But seriously, I think she has a lot going for her, and I like her. The mis-identifying color/pattern thing is just a pet peeve of mine, being an Appaloosa person. 
She would be a fun prospect. Good luck!


----------



## westonsma (May 19, 2009)

worth looking at, but by all means, if you're going to event with her, please, PLEASE examine her feet closely! Being a young horse, her feet are still in the developmental stages, and looking at her strides in the pictures, you can tell she lands toe first. Make sure that her toes are rounded ( on the edge instead of < . It affects her breakover, and she will not perform correctly or as well as she could if her feet are done properly. Make sure she has a good tall heel too, that her frog goes 3/4 way across the bottom of her foot. Any less means her toes have been too long, any more she's too upright, and her legs weren't built for H/J or speed events. 

Her head carriage is a little high for my taste, and she also has a long hip. Long hips with a short back can lead to overreaching, so watch her canter and gallop, make sure that she doesn't clack her back toes on her front heels.

Be sure to pull her away from her pasturemates, to where she can't see them, and see how she reacts. If she gets fussy, see how hard it is for you to keep her attention.

Also, before you leave home, put a plastic grocery bag in your back pocket. When you are picking up her feet and fooling with her, make her look at you and whip the bag out, shaking it loudly.
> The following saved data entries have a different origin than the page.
-- ===== src/Shim/Locks.antt =====
-- `SpinLock` of kernel/src/drivers/linux_shim/mod.rs under every interleaving of any number of
-- threads. A step is one atomic operation on the flag, and only a thread that is inside unlocks.
use nonameos.Prelude.{
  ℕ, zero, suc, ◌+◌, ◌≤◌, ◌<◌, ◌≡◌, refl, Bool, true, false, List, [], ◌∷◌, length, get_or, set,
  if◌then◌else◌, arith, replicate,
}
use nonameos.Prelude.Counting.{count_if, count_if-set, count_if-pos}

-- `compare_exchange(false, true)`: whether it succeeds, and the flag after it.
unfoldable pub compare_exchange : Bool → Bool × Bool
compare_exchange false = (true, true)
compare_exchange true = (false, true)

-- `SpinLock::try_lock`, and one round of `SpinLock::lock`.
abbrev pub try_lock : Bool → Bool × Bool
try_lock = compare_exchange

-- `SpinLock::unlock`
abbrev pub unlock : Bool → Bool
unlock locked = false

-- Where a thread stands: before the lock, in the rounds of `lock`, or behind it.
pub data Stage : Type 0 where
  outside spinning inside : Stage

abbrev pub is_inside : Stage → Bool
is_inside inside = true
is_inside _ = false

-- The flag and the threads.
pub record System : Type 0 where
  pub locked : Bool
  pub threads : List Stage

abbrev pub stage : System → ℕ → Stage
stage s i = get_or s.threads i outside

abbrev pub moves : ℕ → Stage → System → System
moves i st s = record s { threads = set s.threads i st }

-- One step of the thread `i`. `lock` spins for as long as the
-- exchange fails, and the weak one may fail although the flag is free.
pub data Step (s : System) : System → Type 0 where
  starts : (i : ℕ) → i < length s.threads → stage s i ≡ outside → Step s (moves i spinning s)
  spins :
      (i : ℕ)
      → stage s i ≡ spinning
      → (compare_exchange s.locked).0 ≡ false
      → Step s (record s { locked = (compare_exchange s.locked).1 })
  fails_weakly : (i : ℕ) → stage s i ≡ spinning → Step s s
  enters :
      (i : ℕ)
      → i < length s.threads
      → stage s i ≡ spinning
      → (compare_exchange s.locked).0 ≡ true
      → Step s (record (moves i inside s) { locked = (compare_exchange s.locked).1 })
  tries :
      (i : ℕ)
      → i < length s.threads
      → stage s i ≡ outside
      → Step s (record (moves i (if (try_lock s.locked).0 then inside else outside) s) {
        locked = (try_lock s.locked).1;
      })
  leaves :
      (i : ℕ)
      → i < length s.threads
      → stage s i ≡ inside
      → Step s (record (moves i outside s) { locked = unlock s.locked })

-- Any number of steps, the latest first.
pub data Steps (s : System) : System → Type 0 where
  here : Steps s s
  then_step : {t u : System} → Steps s t → Step t u → Steps s u

abbrev pub insiders : System → ℕ
insiders s = count_if is_inside s.threads

-- The flag says how many threads are inside.
abbrev pub IsExclusive : System → Type 0
IsExclusive s = insiders s ≡ (if s.locked then 1 else 0)

-- Moving a thread changes the count by what it is before and after.
moved :
    (s : System) (i : ℕ) (old new : Stage)
    → i < length s.threads
    → stage s i ≡ old
    → count_if is_inside (set s.threads i new) + (if is_inside old then 1 else 0)
      ≡ insiders s + (if is_inside new then 1 else 0)
moved s i old new lt e = rw (← e) (count_if-set is_inside s.threads i new outside lt)

some_inside : (s : System) (i : ℕ) → i < length s.threads → stage s i ≡ inside → 0 < insiders s
some_inside s i lt e = count_if-pos is_inside s.threads i outside lt (rw e)

Step-IsExclusive : {s t : System} → Step s t → IsExclusive s → IsExclusive t
unfolding compare_exchange
Step-IsExclusive {s} (starts i lt e) h = omega (arith, moved s i outside spinning lt e, h)
Step-IsExclusive {s} (spins i e busy) h = ground (arith, h)
Step-IsExclusive {s} (fails_weakly i e) h = h
Step-IsExclusive {s} (enters i lt e free) h = ground (arith, h, moved s i spinning inside lt e)
Step-IsExclusive {s} (tries i lt e) h =
    ground (arith, h, moved s i outside inside lt e, moved s i outside outside lt e)
Step-IsExclusive {s} (leaves i lt e) h =
    ground (arith, h, moved s i inside outside lt e, some_inside s i lt e)

within :
    (threads : List Stage) (i : ℕ)
    → get_or threads i outside ≡ inside
    → 0 < count_if is_inside threads
unfolding count_if
within [] i e = cc
within (x ∷ xs) zero e = ground (arith, e)
within (x ∷ xs) (suc i) e = omega (arith, within xs i e)

only_one :
    (threads : List Stage) (i j : ℕ)
    → count_if is_inside threads ≤ 1
    → get_or threads i outside ≡ inside
    → get_or threads j outside ≡ inside
    → i ≡ j
unfolding count_if
only_one [] i j h a b = cc
only_one (x ∷ xs) zero zero h a b = refl
only_one (x ∷ xs) zero (suc j) h a b = ground (arith, a, within xs j b)
only_one (x ∷ xs) (suc i) zero h a b = ground (arith, b, within xs i a)
only_one (x ∷ xs) (suc i) (suc j) h a b = omega (arith, only_one xs i j (omega arith) a b)

all_outside : (n : ℕ) → count_if is_inside (replicate n outside) ≡ 0
unfolding count_if
all_outside zero = refl
all_outside (suc n) = omega (arith, all_outside n)

-- `SpinLock::new`, with `n` threads.
abbrev pub fresh_lock : ℕ → System
fresh_lock n = record { locked = false; threads = replicate n outside }

Steps-IsExclusive : (n : ℕ) {t : System} → Steps (fresh_lock n) t → IsExclusive t
Steps-IsExclusive n here = all_outside n
Steps-IsExclusive n (then_step ss s) = Step-IsExclusive s (Steps-IsExclusive n ss)

-- From a new lock on, whatever any number of threads do with `lock`, `try_lock` and `unlock`, in
-- any order, where only a thread that holds the lock unlocks it: two threads that are behind the
-- lock are the same one, and the flag is set.
pub lock-excludes :
    (n : ℕ) {t : System} (i j : ℕ)
    → Steps (fresh_lock n) t
    → stage t i ≡ inside
    → stage t j ≡ inside
    → (i ≡ j) × (t.locked ≡ true)
lock-excludes n {t} i j ss a b =
    ground (arith, Steps-IsExclusive n ss, only_one t.threads i j, within t.threads i a)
Watch her response and the white in her eyes. If she still eyes you when you put the bag away, she's a nervous horse, and one that will need a lot of seasoning.

I bought a 5yr old Off Track Thoroughbred, dead broke, patterned on barrels, registered with three bars on his papers for $250. Keep that in mind, and be sure to offer less than what they're asking to see if they'll come down. The bottom has fallen out of the horse market, and for $1000 at an auction you could have a REALLY NICE horse that's seen it all.

GOOD LUCK!!! Just wanted to offer up some tips to keep in mind when you look... 

Hope this helps!


----------



## 1dog3cats17rodents (Dec 7, 2007)

westonsma said:


> Also, before you leave home, put a plastic grocery bag in your back pocket. When you are picking up her feet and fooling with her, make her look at you and whip the bag out, shaking it loudly. Watch her response and the white in her eyes. If she still eyes you when you put the bag away, she's a nervous horse, and one that will need a lot of seasoning.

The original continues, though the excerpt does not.